Chung Yeung festival (重陽節), otherwise known as as the Double-Ninth, the Festival of High Places or Autumn Remembrance, has been celebrated on the ninth day of the ninth lunar month for millennia. Similar to the Ching Ming Festival in spring, the Chung Yeung Festival is a special day of ancestor memorials. On this day, entire families congregate at cemeteries to engage in age-old practices of ancestor worship.
In Hong Kong & Macau, it is a public holiday. And this year the festival falls on October 9th, Sunday… which means we will have a compensate holiday on Monday… wheeeeeeeeeeee! As exciting as long weekend, there are some interesting traditional Chung Yeung Festival rituals you should know about.
Most traditionally, families go hiking to the city’s high points to perform cleansing rites and make offering to their ancestors. According to lore, this custom came from a legend whereby a man called Huan Jing from the Ru Nan province who consulted a divine deity called Fei Changfang about an epidermic that regularly breaks out along the banks of River Ru, killing many people.
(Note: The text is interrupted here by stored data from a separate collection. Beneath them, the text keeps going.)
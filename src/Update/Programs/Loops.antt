-- ===== src/Update/Programs/Loops.antt =====
-- The two loops of /updateDB as programs, and a condition on the tables that their atoms keep or
-- bring about.
use kueued.Prelude.{
  Text, ◌==◌, eq_sound, ℕ, suc, List, [], ◌∷◌, map, contains, Bool, true, false, if◌then◌else◌, ◌≡◌,
  refl, sym, inl, inr, arith, Bool-cases,
}
use mathlib.Core.Path.{subst}
use kueued.Update.Loop.{AllAt}
use kueued.Update.Programs.{Prog, write}
use kueued.Update.Programs.Rely.{Safe, Gives}
use kueued.Update.Programs.Request.{visits, deletions}

-- An item of the key shows that the list names it.
pub AllAt-contains :
    {Item : Type 0} (id : Item → Text) (j : Text) (b : Bool) (xs : List Item)
    → contains j (map id xs) ≡ b
    → AllAt id j (λ x. b ≡ true) xs
unfolding contains
AllAt-contains id j b [] h = tt
AllAt-contains id j b (x ∷ xs) h = elim (Bool-cases (id x == j)) [
  | inl e ↦ ((λ same. ground arith), AllAt-true id j b xs (ground arith))
  | inr e ↦ ((λ same. absurd (ground arith)), AllAt-contains id j b xs (ground arith))
]
  where
    AllAt-true :
        {Item : Type 0} (id : Item → Text) (j : Text) (b : Bool) (xs : List Item)
        → b ≡ true
        → AllAt id j (λ x. b ≡ true) xs
    AllAt-true id j b [] h = tt
    AllAt-true id j b (x ∷ xs) h = ((λ same. h), AllAt-true id j b xs h)

module _ {M : Type 0} (P : M → Type 0) where
  pub if_Safe :
      (b : Bool) (p q : Prog M)
      → (b ≡ true → Safe P p)
      → (b ≡ false → Safe P q)
      → Safe P (if b then p else q)
  if_Safe true p q h k = h refl
  if_Safe false p q h k = k refl

  pub if_Gives :
      (b : Bool) (p q : Prog M)
      → (b ≡ true → Gives P p)
      → (b ≡ false → Gives P q)
      → Gives P (if b then p else q)
  if_Gives true p q h k = h refl
  if_Gives false p q h k = k refl

  -- the first loop
  module _ {Item : Type 0} (visit : ℕ → Item → Prog M → Prog M) (id : Item → Text) (j : Text) where
    pub Safe-visits :
        (Q : Item → Type 0)
        → ((i : ℕ) (x : Item) (rest : Prog M)
            → ((id x == j) ≡ true → Q x)
            → Safe P rest
            → Safe P (visit i x rest))
        → (i : ℕ) (xs : List Item) (rest : Prog M) → AllAt id j Q xs
        → Safe P rest
        → Safe P (visits visit i xs rest)
    unfolding visits
    Safe-visits Q h i [] rest q s = s
    Safe-visits Q h i (x ∷ xs) rest q s =
        h i x (visits visit (suc i) xs rest) q.0 (Safe-visits Q h (suc i) xs rest q.1 s)

    pub Gives-visits_later :
        ((i : ℕ) (x : Item) (rest : Prog M) → Gives P rest → Gives P (visit i x rest))
        → (i : ℕ) (xs : List Item) (rest : Prog M) → Gives P rest
        → Gives P (visits visit i xs rest)
    unfolding visits
    Gives-visits_later h i [] rest g = g
    Gives-visits_later h i (x ∷ xs) rest g =
        h i x (visits visit (suc i) xs rest) (Gives-visits_later h (suc i) xs rest g)

    pub Gives-visits :
        (Q : Item → Type 0)
        → ((i : ℕ) (x : Item) (rest : Prog M) → Gives P rest → Gives P (visit i x rest))
        → ((i : ℕ) (x : Item) (rest : Prog M) → (id x == j) ≡ true → Q x → Gives P (visit i x rest))
        → (i : ℕ) (xs : List Item) (rest : Prog M) → AllAt id j Q xs
        → contains j (map id xs) ≡ true
        → Gives P (visits visit i xs rest)
    unfolding visits contains
    Gives-visits Q pass own i [] rest q h = absurd (ground arith)
    Gives-visits Q pass own i (x ∷ xs) rest q h = elim (Bool-cases (id x == j)) [
      | inl e ↦ own i x (visits visit (suc i) xs rest) e (q.0 e)
      | inr e ↦
          pass i x (visits visit (suc i) xs rest)
            (Gives-visits Q pass own (suc i) xs rest q.1 (ground arith))
    ]

  -- the second loop
  module _ (del : Text → M → M) (keep : List Text) where
    pub Safe-deletions :
        ((k : Text) (m : M) → contains k keep ≡ false → P m → P (del k m))
        → (ids : List Text) (rest : Prog M) → Safe P rest
        → Safe P (deletions del keep ids rest)
    unfolding deletions
    Safe-deletions h [] rest s = s
    Safe-deletions h (k ∷ ids) rest s =
        let later = Safe-deletions h ids rest s in
        if_Safe (contains k keep) (deletions del keep ids rest)
          (write (del k) (deletions del keep ids rest)) (λ e. later) (λ e m. (h k m e, later))

    pub Gives-deletions_later :
        (ids : List Text) (rest : Prog M) → Gives P rest → Gives P (deletions del keep ids rest)
    unfolding deletions
    Gives-deletions_later [] rest g = g
    Gives-deletions_later (k ∷ ids) rest g =
        let later = Gives-deletions_later ids rest g in
        if_Gives (contains k keep) (deletions del keep ids rest)
          (write (del k) (deletions del keep ids rest)) (λ e. later) (λ e m. inr later)

    pub Gives-deletions :
        (j : Text)
        → ((m : M) → P (del j m))
        → contains j keep ≡ false
        → (ids : List Text) (rest : Prog M) → contains j ids ≡ true
        → Gives P (deletions del keep ids rest)
    unfolding deletions contains
    Gives-deletions j gone unkept [] rest h = absurd (ground arith)
    Gives-deletions j gone unkept (k ∷ ids) rest h = elim (Bool-cases (k == j)) [
      | inl e ↦
          let same : k ≡ j = eq_sound k j e in
          if_Gives (contains k keep) (deletions del keep ids rest)
            (write (del k) (deletions del keep ids rest))
            (λ kept. absurd (ground (arith, subst (λ x. contains x keep ≡ true) same kept)))
            (λ e2 m. inl (subst (λ x. P (del x m)) (sym same) (gone m)))
      | inr e ↦
          let later = Gives-deletions j gone unkept ids rest (ground arith) in
          if_Gives (contains k keep) (deletions del keep ids rest)
            (write (del k) (deletions del keep ids rest)) (λ e2. later) (λ e2 m. inr later)
    ]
As advised by Fei Changfang, Huan Jing took all his fellow villagers, both young and old, with him to a nearby mountain on the ninth day of the ninth lunar month. He then returned to the village with the green dragon sword presented to him by Fei Changfang and killed the demon spreading the epidemic. Other legends also exist about the origin of Chung Yeung.
From then on, the Chung Yeung Festival has been commemorated as a day of family gatherings, hiking and grave-sweeping. With hindsight, the custom of hill climbing should be more encouraged as it provides a good opportunity for everyone to exercise and take in the sights of nature.
Besides hiking, Hong Kong people also like to go to the outdoors (like 23 country parks) for a picnic, with many people eating special cakes called ‘ko’. The name sounds similar to ‘high’ or ‘top’ (高) in Chinese and people eat them in the hope of being promoted to high positions. You can also enjoy the festivities by visiting local temples, monasteries and nunneries.
Another fun traditional custom at Chung Yeung is the flying of kites. Many believe that kites can carry bad luck up into the sky. and not return to the earth. Fly, fly away bad omen!
One thing that I would also like to highlight about this day is that tourist attractions, shops, restaurants and markets are open and in full swing. So if you want to enjoy a restful long weekend, try to avoid The Peak or Ngong Ping / Big Buddha on this day.